# Chatroom



## crazy580 (17 Jun 2011)

I try to go on to chat, there are 6 users already in the chat room, but I get this message:
[#CSTART-6] The IP.Chat room limit has been reached. You will not be able to join the chat room until some users first leave.


----------



## Shaun (17 Jun 2011)

Hmmm ... it shouldn't do that; we have a license for 20 users.

Perhaps the renewal is due, and I've just missed the email - I'll have a look later on.


----------



## Shaun (17 Jun 2011)

Glitch in the IPS licensing server - should be okay now ...


----------



## Jaristokraatti (19 Jun 2011)

My message was 
*An Error Occurred*
Sorry, an error occurred. If you are unsure on how to use a feature, or don't know why you got this error message, try looking through the help files for more information.


[#CHAT-02] You do not have access to our chat room. 
I also tried looking through the help files but no help there.


----------



## Shaun (19 Jun 2011)

Jaristokraatti said:


> [#CHAT-02] *You do not have access to our chat room.*
> I also tried looking through the help files but no help there.




As per the welcome message and email, as a new member you can't access chat.

However, once you've made 10+ posts on the forum, your account is automatically upgraded to full membership and chat and the other restricted features become available to you.

This is an anti-spam measure that stops human spammers spoiling the site.  

Cheers,
Shaun


----------



## Noodley (29 Jun 2011)

I cannae get into chat tonight, just getting an error message - but looks as if others are in...


----------



## Sittingduck (29 Jun 2011)

I have been in and out twice but looks like I can't get in thrice!

*[#CJOIN-0] There was an error connecting with the chat room. Please notify an administrator. *


----------



## Sittingduck (29 Jun 2011)

okay, I am in now...


----------



## Dayvo (29 Jun 2011)

Noodley said:


> I cannae get into chat tonight, just getting an error message - but looks as if others are in...



Seem to remember you having that problem before!


----------



## Shaun (29 Jun 2011)

Seems to be working okay now, and the regulars said you (_Noodley_) managed to get in, so I can only assume it was a glitch at the IPS server end.


----------



## lukesdad (1 Jul 2011)

Admin said:


> Seems to be working okay now, and the regulars said you (_Noodley_) managed to get in, so I can only assume it was a glitch at the IPS server end.

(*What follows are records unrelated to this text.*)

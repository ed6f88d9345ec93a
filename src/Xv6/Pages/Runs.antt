-- ===== src/Xv6/Pages/Runs.antt =====
-- Runs of kalloc.c: pages are given, written by their owners and freed.
use os_project.Base.{
  ℕ, ◌+◌, ◌≤◌, ◌<◌, ◌≡◌, ◌≢◌, ◌⊎◌, inl, inr, sym, ap, ◌∙◌, some, List, [], ◌∷◌, ◌++◌, arith, update,
  All, All-split, All-append, IsDistinct, IsDistinct-front,
}
use mathlib.Core.Path.{subst}
use os_project.Xv6.Pages.{page_size, Kmem, kfree, kalloc}
use os_project.Xv6.Pages.Laws.{
  IsPage, Holds, All-map, All-zip, kfree_lem, kalloc_lem, write_outside,
}

-- The allocator, and the pages that have been given and not freed.
pub record System : Type 0 where
  pub kmem : Kmem
  pub owned : List ℕ

pub data Step (end : ℕ) : System → System → Type 0 where
  give :
      (s : System) (q : ℕ) (k : Kmem)
      → kalloc s.kmem ≡ (q, k)
      → q ≢ 0
      → Step end s (record { kmem = k; owned = q ∷ s.owned })
  take_back :
      (s : System) (before after : List ℕ) (v : ℕ) (k : Kmem)
      → s.owned ≡ before ++ (v ∷ after)
      → kfree end v s.kmem ≡ some k
      → Step end s (record { kmem = k; owned = before ++ after })
  write :
      (s : System) (before after : List ℕ) (v a w : ℕ)
      → s.owned ≡ before ++ (v ∷ after)
      → (v ≤ a) × (a < v + page_size)
      → Step end s (record s { kmem = record (s.kmem) { word = update s.kmem.word a w } })

-- From a free list with some pages, of which none is owned.
pub data Reach (end : ℕ) : System → Type 0 where
  start : (s : System) (free : List ℕ) → Holds end s.kmem free → s.owned ≡ [] → Reach end s
  next : {s t : System} → Reach end s → Step end s t → Reach end t

-- The free pages and the owned ones are all different.
record Inv (end : ℕ) (s : System) : Type 0 where
  free : List ℕ
  holds : Holds end s.kmem free
  owned_pages : All (IsPage end) s.owned
  owned_distinct : IsDistinct s.owned
  apart : All (λ q. All (λ v. v ≢ q) s.owned) free

-- Two pages that differ do not overlap.
pages_apart :
    (end a v q : ℕ)
    → IsPage end v
    → (v ≤ a) × (a < v + page_size)
    → IsPage end q
    → v ≢ q
    → (a < q) ⊎ (q + page_size ≤ a)
pages_apart end a v q hv ha hq ne = ground (arith, hv, ha, hq, ne)

give-Inv :
    (end q : ℕ) (rest owned : List ℕ) (k k' : Kmem)
    → Holds end k (q ∷ rest)
    → Holds end k' rest
    → All (IsPage end) owned
    → IsDistinct owned
    → All (λ r. All (λ v. v ≢ r) owned) (q ∷ rest)
    → Inv end (record { kmem = k'; owned = q ∷ owned })
give-Inv end q rest owned k k' h h' pages distinct apart = record {
  free = rest;
  holds = h';
  owned_pages = (h.pages.0, pages);
  owned_distinct = (apart.0, distinct);
  apart = All-zip rest (λ r ne vs. (λ e. ne (sym e), vs)) h.distinct.0 apart.1;
}

All-middle :
    (P : ℕ → Type 0) (before after : List ℕ) (u : ℕ) {xs : List ℕ}
    → xs ≡ before ++ (u ∷ after)
    → All P xs
    → P u × All P (before ++ after)
All-middle P before after u at h =
    let (hb, ha) = All-split P before (u ∷ after) (subst (All P) at h) in
    (ha.0, All-append P before after hb ha.1)

take_back-Inv :
    (end u : ℕ) (before after : List ℕ) (s : System) (k : Kmem)
    → s.owned ≡ before ++ (u ∷ after)
    → kfree end u s.kmem ≡ some k
    → Inv end s
    → Inv end (record { kmem = k; owned = before ++ after })
take_back-Inv end u before after s k at e v =
    let page = All-middle (IsPage end) before after u at v.owned_pages in
    let front = IsDistinct-front before after u (subst IsDistinct at v.owned_distinct) in
    let fresh : All (λ q. q ≢ u) v.free =
      All-map v.free (λ q vs e'. (All-middle (λ w. w ≢ q) before after u at vs).0 (sym e'))
        v.apart in
    let (k', e', h) = kfree_lem end u s.kmem v.free page.0 v.holds fresh in
    let same : k' ≡ k = ground (arith, e, e') in
    record {
      free = u ∷ v.free;
      holds = subst (λ j. Holds end j (u ∷ v.free)) same h;
      owned_pages = page.1;
      owned_distinct = front.1;
      apart = (
        front.0,
        All-map v.free (λ q vs. (All-middle (λ w. w ≢ q) before after u at vs).1) v.apart,
      );
    }

Step-Inv : {end : ℕ} {s t : System} → Step end s t → Inv end s → Inv end t
Step-Inv {end} (give s q k e ne) v = elim (kalloc_lem end s.kmem v.free v.holds) [
  | inl (_, none_left) ↦ absurd (ne (ap (λ (r : ℕ × Kmem). r.0) (sym e ∙ none_left)))
  | inr (q', rest, split, _, given, h) ↦
      let both : (q', record (s.kmem) { freelist = s.kmem.word q' }) ≡ (q, k) = sym given ∙ e in
      subst (λ (r : ℕ × Kmem). Inv end (record { kmem = r.1; owned = r.0 ∷ s.owned })) both
        (give-Inv end q' rest s.owned s.kmem (record (s.kmem) { freelist = s.kmem.word q' })
          (subst (Holds end s.kmem) split v.holds) h v.owned_pages v.owned_distinct
          (subst (All (λ r. All (λ w. w ≢ r) s.owned)) split v.apart))
]
Step-Inv {end} (take_back s before after u k at e) v = take_back-Inv end u before after s k at e v
Step-Inv {end} (write s before after u a w at h) v =
    let page = (All-middle (IsPage end) before after u at v.owned_pages).0 in
    record {
      free = v.free;
      owned_pages = v.owned_pages;
      owned_distinct = v.owned_distinct;
      apart = v.apart;
      holds = write_outside end a w s.kmem v.free v.holds (
          All-zip v.free
            (λ q p vs.
              pages_apart end a u q page h p (All-middle (λ x. x ≢ q) before after u at vs).0)
            v.holds.pages v.apart);
    }

Reach-Inv : {end : ℕ} {s : System} → Reach end s → Inv end s
Reach-Inv (start s free h none_owned) = record {
  free = free;
  holds = h;
  owned_pages = rw none_owned tt;
  owned_distinct = rw none_owned tt;
  apart = rw none_owned (All-map free (λ q p. tt) h.pages);
}
Reach-Inv (next r st) = Step-Inv st (Reach-Inv r)

-- In every run, whatever the owners write into their pages, a page that is given is a page of the
-- kernel's memory and differs from all that are owned, which are such pages too and differ from each
-- other.
pub kalloc_fresh :
    {end : ℕ} {s : System} (q : ℕ) (k : Kmem)
    → Reach end s
    → kalloc s.kmem ≡ (q, k)
    → q ≢ 0
    → All (IsPage end) (q ∷ s.owned) × IsDistinct (q ∷ s.owned)
kalloc_fresh {end} {s} q k r e ne =
    let after = Step-Inv (give s q k e ne) (Reach-Inv r) in
    (after.owned_pages, after.owned_distinct)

How did he manage that we double locked the door


----------



## Shaun (1 Jul 2011)

lukesdad said:


> How did he manage that we double locked the door


----------



## Zoiders (1 Jul 2011)

We have _secret _closed door sessions of the chat room.

It's like a shadow government for cycle chat.


----------



## Noodley (5 Jul 2011)

You buggers locked me out again!??? I keep getting an error message....


----------



## Noodley (5 Jul 2011)

s'okay, someone let me in


----------



## Sittingduck (7 Jul 2011)

Could just be me but I think it's borked again...?


----------



## ianrauk (7 Jul 2011)

Working for me..


----------



## Sittingduck (31 Jul 2011)

Is down as of 5 mins ago... for me at least

Edit: works with Firefoix but not with ie. How odd..


----------



## SportMonkey (9 Aug 2011)

Seems broken again.


----------



## ianrauk (9 Aug 2011)

it's working


----------



## Sittingduck (9 Aug 2011)

Working for me, although I notice the number next to 'Chat' on the top bar is 1. There are a lot more than 1 in here. Maybe a small glitch


----------



## TheDoctor (9 Aug 2011)

Just stuck me nose in - seems fine


----------



## Moderators (16 Aug 2011)

Recently a member has been banned from the chatroom and the forum, but continues to re-register and post sufficient times to access the chatroom. This has been with the encouragement of others who view it as a laugh.

Chatroom is there for all members to use, not as a plaything for (banned) members or a small group. 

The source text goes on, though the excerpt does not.